» **INSTRUCTIONS TO FOLLOW**: From the records below, please return each line that holds the word "apart".

» **DATA SHOWN**:

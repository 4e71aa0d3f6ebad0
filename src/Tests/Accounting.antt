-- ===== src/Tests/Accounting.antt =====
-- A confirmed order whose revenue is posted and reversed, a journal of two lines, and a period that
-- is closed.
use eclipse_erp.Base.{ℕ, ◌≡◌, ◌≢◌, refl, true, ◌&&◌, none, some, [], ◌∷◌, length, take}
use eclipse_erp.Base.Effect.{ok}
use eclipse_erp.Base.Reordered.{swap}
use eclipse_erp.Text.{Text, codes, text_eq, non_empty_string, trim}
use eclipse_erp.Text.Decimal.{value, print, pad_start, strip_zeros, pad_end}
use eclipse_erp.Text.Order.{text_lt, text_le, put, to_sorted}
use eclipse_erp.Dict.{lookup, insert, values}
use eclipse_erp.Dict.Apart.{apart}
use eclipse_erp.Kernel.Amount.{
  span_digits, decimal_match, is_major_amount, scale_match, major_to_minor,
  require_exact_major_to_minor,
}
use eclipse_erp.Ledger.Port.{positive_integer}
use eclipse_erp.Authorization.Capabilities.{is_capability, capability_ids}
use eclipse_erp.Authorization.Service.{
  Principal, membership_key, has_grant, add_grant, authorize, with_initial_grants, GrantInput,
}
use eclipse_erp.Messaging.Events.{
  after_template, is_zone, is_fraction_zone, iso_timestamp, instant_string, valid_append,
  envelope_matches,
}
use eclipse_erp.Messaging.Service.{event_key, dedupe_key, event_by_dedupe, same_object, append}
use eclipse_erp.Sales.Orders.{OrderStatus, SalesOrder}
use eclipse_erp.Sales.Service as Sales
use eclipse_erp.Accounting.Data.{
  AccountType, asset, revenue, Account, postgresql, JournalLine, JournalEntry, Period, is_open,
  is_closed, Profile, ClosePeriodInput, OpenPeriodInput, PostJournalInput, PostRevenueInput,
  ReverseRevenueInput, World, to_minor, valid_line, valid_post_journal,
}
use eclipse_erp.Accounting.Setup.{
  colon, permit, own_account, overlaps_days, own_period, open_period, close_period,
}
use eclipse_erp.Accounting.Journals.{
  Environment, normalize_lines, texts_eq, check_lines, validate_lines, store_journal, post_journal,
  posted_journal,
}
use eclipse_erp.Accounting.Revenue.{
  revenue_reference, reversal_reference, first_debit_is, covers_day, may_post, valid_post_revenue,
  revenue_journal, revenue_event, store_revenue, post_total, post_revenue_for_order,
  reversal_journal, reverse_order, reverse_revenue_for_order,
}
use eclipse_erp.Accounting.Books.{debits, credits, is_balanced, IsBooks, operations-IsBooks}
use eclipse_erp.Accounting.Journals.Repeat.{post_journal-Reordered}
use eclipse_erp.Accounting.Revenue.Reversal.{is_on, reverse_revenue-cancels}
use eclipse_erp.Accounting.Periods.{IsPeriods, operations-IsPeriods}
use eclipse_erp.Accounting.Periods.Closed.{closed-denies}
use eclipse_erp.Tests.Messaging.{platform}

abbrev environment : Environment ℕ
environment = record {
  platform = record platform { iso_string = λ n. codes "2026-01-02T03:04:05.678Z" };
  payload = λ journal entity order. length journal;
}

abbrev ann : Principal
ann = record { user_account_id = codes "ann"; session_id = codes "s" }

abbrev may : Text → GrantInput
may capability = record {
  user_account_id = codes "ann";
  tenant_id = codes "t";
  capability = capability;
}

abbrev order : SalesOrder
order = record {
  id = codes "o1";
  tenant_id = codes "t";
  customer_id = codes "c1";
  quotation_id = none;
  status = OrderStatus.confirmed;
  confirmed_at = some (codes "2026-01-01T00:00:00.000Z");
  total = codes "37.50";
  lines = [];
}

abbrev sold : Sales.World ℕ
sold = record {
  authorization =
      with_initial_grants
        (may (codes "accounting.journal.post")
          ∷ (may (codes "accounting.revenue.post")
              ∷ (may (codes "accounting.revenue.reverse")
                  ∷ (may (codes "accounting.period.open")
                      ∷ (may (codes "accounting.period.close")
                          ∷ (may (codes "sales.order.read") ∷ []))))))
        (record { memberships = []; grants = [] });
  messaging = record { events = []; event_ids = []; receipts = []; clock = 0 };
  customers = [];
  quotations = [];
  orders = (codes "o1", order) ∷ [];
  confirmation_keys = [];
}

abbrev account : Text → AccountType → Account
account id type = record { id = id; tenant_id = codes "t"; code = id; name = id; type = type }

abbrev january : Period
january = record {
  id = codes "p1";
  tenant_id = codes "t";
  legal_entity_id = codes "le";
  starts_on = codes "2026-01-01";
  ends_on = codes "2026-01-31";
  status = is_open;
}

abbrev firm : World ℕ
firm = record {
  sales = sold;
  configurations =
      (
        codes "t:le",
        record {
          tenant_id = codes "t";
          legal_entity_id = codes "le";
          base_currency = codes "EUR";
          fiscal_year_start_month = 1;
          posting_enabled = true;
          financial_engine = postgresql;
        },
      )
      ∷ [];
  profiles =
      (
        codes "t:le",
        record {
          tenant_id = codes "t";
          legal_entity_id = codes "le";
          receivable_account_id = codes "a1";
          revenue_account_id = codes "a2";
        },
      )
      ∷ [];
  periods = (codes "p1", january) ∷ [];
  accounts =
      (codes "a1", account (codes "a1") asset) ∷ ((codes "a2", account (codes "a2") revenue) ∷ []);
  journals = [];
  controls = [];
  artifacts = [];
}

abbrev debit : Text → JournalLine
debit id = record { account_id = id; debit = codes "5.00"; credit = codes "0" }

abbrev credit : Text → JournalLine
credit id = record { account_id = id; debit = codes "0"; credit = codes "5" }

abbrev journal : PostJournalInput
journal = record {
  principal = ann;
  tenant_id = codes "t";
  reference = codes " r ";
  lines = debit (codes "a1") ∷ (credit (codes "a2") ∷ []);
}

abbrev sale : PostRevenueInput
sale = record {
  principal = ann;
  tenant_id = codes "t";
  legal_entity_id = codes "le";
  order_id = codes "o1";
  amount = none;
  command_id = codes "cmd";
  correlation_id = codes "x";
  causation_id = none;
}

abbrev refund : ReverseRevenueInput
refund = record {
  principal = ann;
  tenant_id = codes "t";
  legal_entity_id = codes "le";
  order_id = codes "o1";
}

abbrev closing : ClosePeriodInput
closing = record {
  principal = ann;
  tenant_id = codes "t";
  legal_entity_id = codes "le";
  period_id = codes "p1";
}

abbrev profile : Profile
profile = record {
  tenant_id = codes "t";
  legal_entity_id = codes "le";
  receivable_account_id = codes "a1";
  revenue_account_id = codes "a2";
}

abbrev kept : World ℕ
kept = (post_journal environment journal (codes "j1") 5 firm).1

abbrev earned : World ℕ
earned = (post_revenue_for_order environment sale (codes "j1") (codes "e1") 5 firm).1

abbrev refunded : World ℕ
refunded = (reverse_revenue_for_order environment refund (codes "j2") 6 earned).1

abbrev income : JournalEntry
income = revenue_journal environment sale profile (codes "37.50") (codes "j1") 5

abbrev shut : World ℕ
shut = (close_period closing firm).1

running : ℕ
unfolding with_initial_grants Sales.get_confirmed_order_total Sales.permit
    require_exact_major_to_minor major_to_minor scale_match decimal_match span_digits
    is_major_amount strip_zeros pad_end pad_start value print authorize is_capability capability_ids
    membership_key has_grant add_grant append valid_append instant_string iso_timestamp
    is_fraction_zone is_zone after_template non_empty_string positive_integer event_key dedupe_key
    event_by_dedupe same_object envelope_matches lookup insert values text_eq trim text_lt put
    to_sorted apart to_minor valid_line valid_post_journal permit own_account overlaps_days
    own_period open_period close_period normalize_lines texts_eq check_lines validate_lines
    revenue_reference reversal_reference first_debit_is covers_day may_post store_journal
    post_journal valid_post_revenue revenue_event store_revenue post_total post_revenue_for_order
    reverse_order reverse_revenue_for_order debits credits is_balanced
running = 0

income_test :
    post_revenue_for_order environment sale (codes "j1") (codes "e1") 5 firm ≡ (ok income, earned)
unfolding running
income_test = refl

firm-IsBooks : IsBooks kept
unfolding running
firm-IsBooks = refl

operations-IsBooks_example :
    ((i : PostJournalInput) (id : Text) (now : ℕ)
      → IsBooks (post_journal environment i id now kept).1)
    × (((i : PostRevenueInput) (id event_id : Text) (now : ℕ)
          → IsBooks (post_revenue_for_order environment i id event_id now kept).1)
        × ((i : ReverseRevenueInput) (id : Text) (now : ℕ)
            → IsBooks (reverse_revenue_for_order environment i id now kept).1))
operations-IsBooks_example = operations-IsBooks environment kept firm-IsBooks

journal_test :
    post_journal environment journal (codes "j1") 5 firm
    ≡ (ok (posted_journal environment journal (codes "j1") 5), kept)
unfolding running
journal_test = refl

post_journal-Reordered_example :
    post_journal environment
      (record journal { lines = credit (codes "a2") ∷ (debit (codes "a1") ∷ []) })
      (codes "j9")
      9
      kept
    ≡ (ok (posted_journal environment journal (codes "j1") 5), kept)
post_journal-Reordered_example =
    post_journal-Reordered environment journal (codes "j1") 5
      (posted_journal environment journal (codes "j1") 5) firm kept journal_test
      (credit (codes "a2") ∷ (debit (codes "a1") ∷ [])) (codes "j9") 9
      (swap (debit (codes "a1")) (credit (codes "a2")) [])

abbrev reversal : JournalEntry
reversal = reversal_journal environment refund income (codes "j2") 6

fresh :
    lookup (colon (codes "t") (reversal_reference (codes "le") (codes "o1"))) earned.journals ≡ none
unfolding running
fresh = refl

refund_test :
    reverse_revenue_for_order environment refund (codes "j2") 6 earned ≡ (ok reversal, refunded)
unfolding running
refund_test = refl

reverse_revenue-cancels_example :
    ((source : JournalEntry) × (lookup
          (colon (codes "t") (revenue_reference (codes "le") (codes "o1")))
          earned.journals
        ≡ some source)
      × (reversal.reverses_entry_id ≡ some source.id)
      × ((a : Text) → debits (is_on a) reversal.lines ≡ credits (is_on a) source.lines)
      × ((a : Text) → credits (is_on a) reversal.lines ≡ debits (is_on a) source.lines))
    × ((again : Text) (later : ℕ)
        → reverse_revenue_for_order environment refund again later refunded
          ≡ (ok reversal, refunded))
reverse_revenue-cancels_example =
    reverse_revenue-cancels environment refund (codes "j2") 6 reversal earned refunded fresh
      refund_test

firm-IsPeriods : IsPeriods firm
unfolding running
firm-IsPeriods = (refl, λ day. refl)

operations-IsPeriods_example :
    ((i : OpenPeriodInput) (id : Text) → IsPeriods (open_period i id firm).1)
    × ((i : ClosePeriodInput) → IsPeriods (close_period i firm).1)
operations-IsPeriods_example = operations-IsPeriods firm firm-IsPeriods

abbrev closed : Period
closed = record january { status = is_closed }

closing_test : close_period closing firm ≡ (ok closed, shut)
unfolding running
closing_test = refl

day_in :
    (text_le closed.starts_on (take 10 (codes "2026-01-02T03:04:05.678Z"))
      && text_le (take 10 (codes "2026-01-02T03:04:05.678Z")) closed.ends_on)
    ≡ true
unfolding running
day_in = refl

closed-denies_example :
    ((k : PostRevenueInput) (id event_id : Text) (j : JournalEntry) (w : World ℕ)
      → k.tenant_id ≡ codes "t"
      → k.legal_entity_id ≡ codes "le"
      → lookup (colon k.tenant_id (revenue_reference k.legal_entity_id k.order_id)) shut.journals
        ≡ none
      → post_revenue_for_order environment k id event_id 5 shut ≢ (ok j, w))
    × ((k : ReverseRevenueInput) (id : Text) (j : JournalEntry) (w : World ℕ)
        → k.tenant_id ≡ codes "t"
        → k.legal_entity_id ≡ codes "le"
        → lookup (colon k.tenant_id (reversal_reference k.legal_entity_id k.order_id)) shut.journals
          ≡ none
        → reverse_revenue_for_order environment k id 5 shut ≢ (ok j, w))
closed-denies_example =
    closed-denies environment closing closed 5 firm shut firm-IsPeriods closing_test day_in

» **WRITTEN SOLUTION**:
use eclipse_erp.Dict.Apart.{apart}
    to_sorted apart to_minor valid_line valid_post_journal permit own_account overlaps_days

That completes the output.